Определение функции и таксономии нуклеотидной последовательности

В 6 практикуме я получила последовательность методом Сэнгера. Теперь нам нужно понять какая функция у этой последовательности и найти таксономическое положение организма, геному которого она принадлежит. Мы абсолютно ничего не знаем про нашу последовательность, поэтому логичнее всего воспользваться blastn. Параметры оставляем по умолчанию, word size - 16. Далее с помощью Jalview было построено выравнивание последовательности и 5 лучших находок. Из получившегося выравнивания, можно предположить, что последовательность относится к роду Loxosomella. (E-value равен 0.00 и процент идентичности равен 87%). Функцию белка можно узнать непосредственно из файла 'Выдача'. Можно предположить, что наша последовательность является фрагментом митохондриального генома и кодирует 1 субъединицу цитохром С оксидазы. Цитохромоксидаза участвует в окислительном фосфорилировании и является важной частью дыхательной цепи.

Выдача




Поиск генов белков в неаннотированной нуклеотидной последовательности

Источник нуклеотидной последовательности - контиг кабана (Sus scrofa).
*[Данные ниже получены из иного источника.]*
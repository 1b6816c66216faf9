-- ===== src/Witness/Process/Rollback.antt =====
-- Requests to internal/witness/witness.go one after another.
use litetlog.Prelude.{
  ℕ, ◌≤◌, ◌≡◌, ◌⊎◌, inl, inr, refl, sym, ap, subst, ◌∙◌, true, Option, some, List, [], ◌∷◌, arith,
  ◌==◌, Bytes, Bool-cases, bytes_eq, bytes_eq_iff,
}
use litetlog.Witness.Library.{Library, Signer}
use litetlog.Witness.Db.{LogRow, Db, World, find_log}
use litetlog.Witness.Db.Laws.{moved}
use litetlog.Witness.Process.{Head, read_hash, process_add_checkpoint}
use litetlog.Witness.Process.Check.{Known, IsConsistent}
use litetlog.Witness.Process.Persist.{find_log-update}
use litetlog.Witness.Process.Accept.{Moved, process_add_checkpoint-Moved}

-- The requests in turn, each with the signer at its time.
unfoldable pub process_all : Library → List (Signer × Bytes) → World → World
process_all lib [] w = w
process_all lib ((s, body) ∷ requests) w =
    process_all lib requests (process_add_checkpoint lib s body w).1

module _ (lib : Library) where
  -- One accepted head after another: not smaller, and `CheckTree` found the old tree in the new
  -- one, unless the old tree was empty.
  pub record Extends (r r' : LogRow) : Type 0 where
    pub hash : Bytes
    pub proof : List Bytes
    pub stored : r'.tree_hash ≡ lib.hash_text hash
    pub grows : r.tree_size ≤ r'.tree_size
    pub checked :
        (r.tree_size ≡ 0)
        ⊎ (lib.check_tree proof r'.tree_size hash r.tree_size (read_hash lib r.tree_hash) ≡ true)

  pub data Chain (r : LogRow) : LogRow → Type 0 where
    stay : Chain r r
    extend : {r' r'' : LogRow} → Chain r r' → Extends r' r'' → Chain r r''

  pub Chain-trans : {a b c : LogRow} → Chain a b → Chain b c → Chain a c
  Chain-trans p stay = p
  Chain-trans p (extend q e) = extend (Chain-trans p q) e

  abbrev pub Follows : LogRow → Option LogRow → Type 0
  Follows r row = (r' : LogRow) × (row ≡ some r') × Chain r r'

  moved-Follows :
      (old_size new_size : ℕ) (new_hash : Bytes) (proof : List Bytes) (r : LogRow)
      → old_size ≤ new_size
      → IsConsistent lib old_size new_size new_hash proof
          (record { size = r.tree_size; hash = read_hash lib r.tree_hash })
      → Follows r (moved old_size new_size (lib.hash_text new_hash) (some r))
  moved-Follows old_size new_size new_hash proof r grows (at_old, checked) =
      let test : (r.tree_size == old_size) ≡ true = ground arith in
      (
        record r { tree_size = new_size; tree_hash = lib.hash_text new_hash },
        rw test,
        extend stay (record {
          hash = new_hash;
          proof = proof;
          stored = refl;
          grows = omega arith;
          checked =
              subst
                (λ n.
                  (n ≡ 0)
                  ⊎ (lib.check_tree proof new_size new_hash n (read_hash lib r.tree_hash) ≡ true))
                (sym at_old) checked;
        }),
      )

  Known-row :
      (origin : Bytes) (db : Db) (known : Head) (r : LogRow)
      → Known lib origin db known
      → find_log origin db.logs ≡ some r
      → known ≡ record { size = r.tree_size; hash = read_hash lib r.tree_hash }
  Known-row origin db known r (r', there, e) here =
      let same : r' ≡ r = cc in
      e ∙ ap (λ (x : LogRow). record { size = x.tree_size; hash = read_hash lib x.tree_hash }) same

  Moved-Follows :
      (j : Bytes) (db db' : Db) (r : LogRow)
      → find_log j db.logs ≡ some r
      → Moved lib db db'
      → Follows r (find_log j db'.logs)
  Moved-Follows j db db' r here (inl same) = (r, rw same here, stay)
  Moved-Follows j db db' r here (inr m) = elim (Bool-cases (bytes_eq j m.origin)) [
    | inl own ↦
        let there = rw ((bytes_eq_iff j m.origin).0 own) at here in
        let known = Known-row m.origin db m.known r m.row there in
        rw (m.result, find_log-update, own, here)
          (moved-Follows m.old_size m.new_size m.new_hash m.proof r m.grows
            (subst (IsConsistent lib m.old_size m.new_size m.new_hash m.proof) known m.consistent))
    | inr other ↦ rw (m.result, find_log-update, other) (r, here, stay)
  ]

  -- Whatever requests are served one after another, with statements of the database failing or
  -- not, a log that was known stays known, and its row is reached from the old one by extensions
  -- alone: its size never falls, and each head was checked by CheckTree to contain the one before,
  -- unless that was empty.
  pub process_all-Follows :
      (requests : List (Signer × Bytes)) (w : World) (j : Bytes) (r : LogRow)
      → find_log j w.db.logs ≡ some r
      → Follows r (find_log j (process_all lib requests w).db.logs)
  unfolding process_all
  process_all-Follows [] w j r here = (r, here, stay)
  process_all-Follows ((s, body) ∷ requests) w j r here =
      let w' = (process_add_checkpoint lib s body w).1 in
      let (r', here', first) =
        Moved-Follows j w.db w'.db r here (process_add_checkpoint-Moved lib s body w) in
      let (r'', here'', later) = process_all-Follows requests w' j r' here' in
      (r'', here'', Chain-trans first later)
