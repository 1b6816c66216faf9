-- ===== src/Witness/Process/Quiet.antt =====
-- `processAddCheckpointRequest` of internal/witness/witness.go on a database whose statements do
-- not fail.
use litetlog.Prelude.{
  ℕ, ◌≤◌, ◌≡◌, ◌≢◌, refl, true, false, none, some, List, [], ◌∷◌, arith, ltb, ◌==◌, if◌then◌else◌,
  Bytes,
}
use litetlog.Witness.Library.{ok, err, bad_proof, Library, Signer}
use litetlog.Witness.Db.{LogRow, Db, World, quiet, exec, exec_on, find_log, find_keys, count_rows}
use litetlog.Witness.Db.Laws.{IsUnique, count_rows-find_log}
use litetlog.Witness.Process.{
  Head, zero_hash, read_hash, row_head, get_log, parse_key, new_verifiers, some_keys, get_keys,
  check_head, check_consistency, check_changes, persist_tree_head, cosign,
}
use litetlog.Witness.Process.Check.{IsConsistent}
use litetlog.Witness.Process.Persist.{update}
use litetlog.Witness.Process.Cosign.{VerifiersOf, KeysOf, Cosigned}

module _ (lib : Library) where
  pub get_log-quiet :
      (origin : Bytes) (db : Db) (r : LogRow)
      → find_log origin db.logs ≡ some r
      → get_log lib origin (quiet db)
        ≡ (ok (record { size = r.tree_size; hash = read_hash lib r.tree_hash }), quiet db)
  unfolding get_log row_head exec exec_on
  get_log-quiet origin db r h = rw h

  new_verifiers-VerifiersOf :
      (keys : List Bytes) (verifiers : List lib.Verifier) (w : World)
      → VerifiersOf lib keys verifiers
      → new_verifiers lib keys w ≡ (ok verifiers, w)
  unfolding new_verifiers parse_key
  new_verifiers-VerifiersOf [] [] w h = refl
  new_verifiers-VerifiersOf [] (v ∷ vs) w h = absurd h
  new_verifiers-VerifiersOf (k ∷ keys) [] w h = absurd h
  new_verifiers-VerifiersOf (k ∷ keys) (v ∷ vs) w (e, h) =
      rw (e, parse_key) (rw (new_verifiers-VerifiersOf keys vs w h))

  some_keys-KeysOf :
      (keys : List Bytes) (verifiers : List lib.Verifier) (w : World)
      → KeysOf lib keys verifiers
      → some_keys lib keys w ≡ (ok verifiers, w)
  unfolding some_keys
  some_keys-KeysOf [] verifiers w (ne, h) = absurd (ne refl)
  some_keys-KeysOf (k ∷ keys) verifiers w (ne, h) =
      new_verifiers-VerifiersOf (k ∷ keys) verifiers w h

  pub get_keys-quiet :
      (origin : Bytes) (db : Db) (verifiers : List lib.Verifier)
      → KeysOf lib (find_keys origin db.keys) verifiers
      → get_keys lib origin (quiet db) ≡ (ok verifiers, quiet db)
  unfolding get_keys exec exec_on
  get_keys-quiet origin db verifiers h =
      some_keys-KeysOf (find_keys origin db.keys) verifiers (quiet db) h

  pub check_consistency-quiet :
      (origin : Bytes) (old_size new_size : ℕ) (new_hash : Bytes) (proof : List Bytes) (db : Db)
      (r : LogRow)
      → find_log origin db.logs ≡ some r
      → r.tree_size ≡ old_size
      → old_size ≤ new_size
      → check_consistency lib origin old_size new_size new_hash proof (quiet db)
        ≡ check_head lib old_size new_size new_hash proof
            (record { size = r.tree_size; hash = read_hash lib r.tree_hash })
            (quiet db)
  unfolding check_consistency
  check_consistency-quiet origin old_size new_size new_hash proof db r h e le =
      let grows : ltb new_size old_size ≡ false = ground arith in
      rw (grows, get_log-quiet origin db r h)

  pub check_head_passes :
      (old_size new_size : ℕ) (new_hash : Bytes) (proof : List Bytes) (known : Head) (w : World)
      → IsConsistent lib old_size new_size new_hash proof known
      → check_head lib old_size new_size new_hash proof known w ≡ (ok tt, w)
  unfolding check_head
  check_head_passes old_size new_size new_hash proof known w (e, checked) = ground arith

  read_hash_corrupt : (text : Bytes) → lib.parse_hash text ≡ none → read_hash lib text ≡ zero_hash
  unfolding read_hash
  read_hash_corrupt text h = rw (h, read_hash)

  -- A row whose stored hash is not the text of a hash raises no error: where no statement fails, a
  -- request from its size, which is not 0, to one not smaller has its proof checked against the
  -- hash of 32 zero bytes.
  pub check_consistency_corrupt :
      (origin : Bytes) (old_size new_size : ℕ) (new_hash : Bytes) (proof : List Bytes) (db : Db)
      (r : LogRow)
      → find_log origin db.logs ≡ some r
      → lib.parse_hash r.tree_hash ≡ none
      → r.tree_size ≡ old_size
      → old_size ≢ 0
      → old_size ≤ new_size
      → (check_consistency lib origin old_size new_size new_hash proof (quiet db)).0 ≡ (
          if lib.check_tree proof new_size new_hash old_size zero_hash
          then ok tt
          else err bad_proof)
  unfolding check_head
  check_consistency_corrupt origin old_size new_size new_hash proof db r h corrupt e ne le =
      let at_old : (r.tree_size == old_size) ≡ true = ground arith in
      let some_tree : (old_size == 0) ≡ false = ground arith in
      rw
        (
          check_consistency-quiet origin old_size new_size new_hash proof db r h e le,
          read_hash_corrupt r.tree_hash corrupt,
          at_old,
          some_tree,
        )
        (ground arith)

  pub persist_tree_head-quiet :
      (origin : Bytes) (old_size new_size : ℕ) (new_hash : Bytes) (db : Db) (r : LogRow)
      → IsUnique db.logs
      → find_log origin db.logs ≡ some r
      → r.tree_size ≡ old_size
      → persist_tree_head lib origin old_size new_size new_hash (quiet db)
        ≡ (ok tt, quiet (update lib origin old_size new_size new_hash db))
  unfolding persist_tree_head check_changes exec exec_on
  persist_tree_head-quiet origin old_size new_size new_hash db r u h e =
      let test : (r.tree_size == old_size) ≡ true = ground arith in
      let one : count_rows origin old_size db.logs ≡ 1 =
        rw (count_rows-find_log origin old_size db.logs u, h, test) in
      rw one

  pub cosign_runs :
      (s : Signer) (text : Bytes) (w : World) {sigs : Bytes}
      → Cosigned lib s text sigs
      → cosign lib s text w ≡ (ok sigs, w)
  unfolding cosign
  cosign_runs s text w c = rw (c.signs, c.splits)
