-- ===== src/Witness/Process/Complete.antt =====
-- Which requests `processAddCheckpointRequest` of internal/witness/witness.go accepts.
use litetlog.Prelude.{◌≤◌, ◌≡◌, ◌⊎◌, true, some, List, Bytes}
use litetlog.Std.Strings.{cut}
use litetlog.Tlogx.Checkpoint.{newline, Checkpoint, parse_checkpoint}
use litetlog.Witness.Library.{ok, opened, Library, Signer}
use litetlog.Witness.Db.{LogRow, Db, quiet, find_log, find_keys}
use litetlog.Witness.Db.Laws.{IsUnique}
use litetlog.Witness.Request.{Request, parse_request}
use litetlog.Witness.Process.{
  read_hash, opened_text, process_checkpoint, process_text, process_request, process_add_checkpoint,
}
use litetlog.Witness.Process.Check.{IsConsistent}
use litetlog.Witness.Process.Persist.{update}
use litetlog.Witness.Process.Cosign.{KeysOf, Cosigned}
use litetlog.Witness.Process.Quiet.{
  get_keys-quiet, check_consistency-quiet, check_head_passes, persist_tree_head-quiet, cosign_runs,
}

module _ (lib : Library) where
  -- A request that the keys of its log have signed, whose old size is that of the log's row, whose
  -- proof `CheckTree` takes, and whose text the witness can sign.
  pub record Acceptable (s : Signer) (body : Bytes) (db : Db) (sigs : Bytes) : Type 0 where
    pub request : Request
    pub reads : parse_request lib.parse_hash body ≡ some request
    pub verifiers : List lib.Verifier
    pub keys : KeysOf lib (find_keys (cut newline request.note).before db.keys) verifiers
    pub text : Bytes
    pub opens : lib.open_note request.note verifiers ≡ opened text
    pub checkpoint : Checkpoint
    pub parses : parse_checkpoint text ≡ some checkpoint
    pub row : LogRow
    pub known : find_log checkpoint.origin db.logs ≡ some row
    pub at_old : row.tree_size ≡ request.old_size
    pub grows : request.old_size ≤ checkpoint.size
    pub consistent :
        (request.old_size ≡ 0)
        ⊎ (lib.check_tree request.proof checkpoint.size checkpoint.hash request.old_size
              (read_hash lib row.tree_hash)
            ≡ true)
    pub cosigned : Cosigned lib s text sigs

  process_checkpoint-quiet :
      (s : Signer) (r : Request) (text : Bytes) (c : Checkpoint) (db : Db) (row : LogRow)
      {sigs : Bytes}
      → IsUnique db.logs
      → find_log c.origin db.logs ≡ some row
      → r.old_size ≤ c.size
      → IsConsistent lib r.old_size c.size c.hash r.proof
          (record { size = row.tree_size; hash = read_hash lib row.tree_hash })
      → Cosigned lib s text sigs
      → process_checkpoint lib s r text c (quiet db)
        ≡ (ok sigs, quiet (update lib c.origin r.old_size c.size c.hash db))
  unfolding process_checkpoint
  process_checkpoint-quiet s r text c db row u known grows consistent signed =
      let at_old = consistent.0 in
      rw (
        check_consistency-quiet lib c.origin r.old_size c.size c.hash r.proof db row known at_old
            grows,
        check_head_passes lib r.old_size c.size c.hash r.proof _ (quiet db) consistent,
        persist_tree_head-quiet lib c.origin r.old_size c.size c.hash db row u known at_old,
        cosign_runs lib s text _ signed,
      )

  -- On tables whose statements do not fail and where no two logs have one origin, a request that
  -- the keys of its log have signed, whose old size is that of the log's row and not above the new
  -- size, whose proof CheckTree takes unless the old size is 0, and whose text the witness can
  -- sign gets the signature lines, and the UPDATE to the checkpoint is all that happens to the
  -- tables.
  pub process_add_checkpoint-Acceptable :
      (s : Signer) (body : Bytes) (db : Db) (sigs : Bytes)
      → IsUnique db.logs
      → (a : Acceptable s body db sigs)
      → process_add_checkpoint lib s body (quiet db) ≡ (
        ok sigs,
        quiet (
            update lib a.checkpoint.origin a.request.old_size a.checkpoint.size a.checkpoint.hash
              db),
      )
  unfolding process_add_checkpoint process_request process_text opened_text
  process_add_checkpoint-Acceptable s body db sigs u a =
      let r = a.request in
      rw (
        a.reads,
        get_keys-quiet lib (cut newline r.note).before db a.verifiers a.keys,
        a.opens,
        a.parses,
        process_checkpoint-quiet s r a.text a.checkpoint db a.row u a.known a.grows
            (a.at_old, a.consistent) a.cosigned,
      )
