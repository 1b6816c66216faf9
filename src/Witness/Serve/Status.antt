-- ===== src/Witness/Serve/Status.antt =====
-- What the status of an answer of `serveAddCheckpoint` of internal/witness/witness.go tells.
use litetlog.Prelude.{◌⊎◌, inl, inr, ◌≡◌, refl, some, Bytes, arith}
use litetlog.Witness.Library.{
  unknown_log, invalid_signature, bad_request, bad_proof, conflict, internal, Result, ok, err,
  Library, Signer,
}
use litetlog.Witness.Db.{World}
use litetlog.Witness.Request.{Request, parse_request}
use litetlog.Witness.Process.{process_add_checkpoint}
use litetlog.Witness.Process.Endorse.{OpensPrefix, Endorsed, process_add_checkpoint-Endorsed}
use litetlog.Witness.Serve.{Response, respond, serve_add_checkpoint}

respond-ok : (r : Result Bytes) → (respond r).status ≡ 200 → r ≡ ok (respond r).body
unfolding respond
respond-ok (ok sigs) h = refl
respond-ok (err unknown_log) h = absurd (omega arith)
respond-ok (err invalid_signature) h = absurd (omega arith)
respond-ok (err bad_request) h = absurd (omega arith)
respond-ok (err bad_proof) h = absurd (omega arith)
respond-ok (err (conflict known)) h = absurd (omega arith)
respond-ok (err (internal message)) h = absurd (omega arith)

module _ (lib : Library) (prefix : OpensPrefix lib) where
  -- The request behind an answer, and what its body endorses.
  abbrev pub Serves : Signer → Bytes ⊎ Bytes → World → Response × World → Type 0
  Serves s input w answer =
      (body : Bytes) × (input ≡ inr body)
      × ((r : Request) × (parse_request lib.parse_hash body ≡ some r)
          × Endorsed lib s r w.db answer.1.db answer.0.body)

  -- Where note.Open returns a prefix of the note, an answer of status 200 has a body that was
  -- read, and what is answered is a cosignature that endorses the checkpoint of that request.
  pub serve_add_checkpoint-Serves :
      (s : Signer) (input : Bytes ⊎ Bytes) (w : World)
      → (serve_add_checkpoint lib s input w).0.status ≡ 200
      → Serves s input w (serve_add_checkpoint lib s input w)
  unfolding serve_add_checkpoint
  serve_add_checkpoint-Serves s (inl message) w h = absurd (omega arith)
  serve_add_checkpoint-Serves s (inr body) w h = (
    body,
    refl,
    process_add_checkpoint-Endorsed lib prefix s body w
        (respond-ok (process_add_checkpoint lib s body w).0 h),
  )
С помощью blastx (все параметры оставили по умолчанию, кроме word size - 2, исключили из поиска нашего кабана) сделали поиск. Скорее всего одним из белков является LINE-1 retrotransposable element ORF2 protein - имеет обратную транскриптазную активность, необходимую для обратной транскрипции мРНК и Disintegrin and metalloproteinase domain-containing protein 21 - участвует в оплодотворении.

Выдача




Интепретация карты локального сходства гомологичных хромосом двух бактерий

Две выбранные мной бактерии относятся к роду Mannheimia: Mannheimia sp. USDA-ARS-USMARC-1261 и Mannheimia varigena USDA-ARS-USMARC-1296.

По карте лояльного сходства мы можем сделать следующие выводы: бактерии родственные. Но очень необычно, что почти половина генома инверсирована. Инделей не очень много.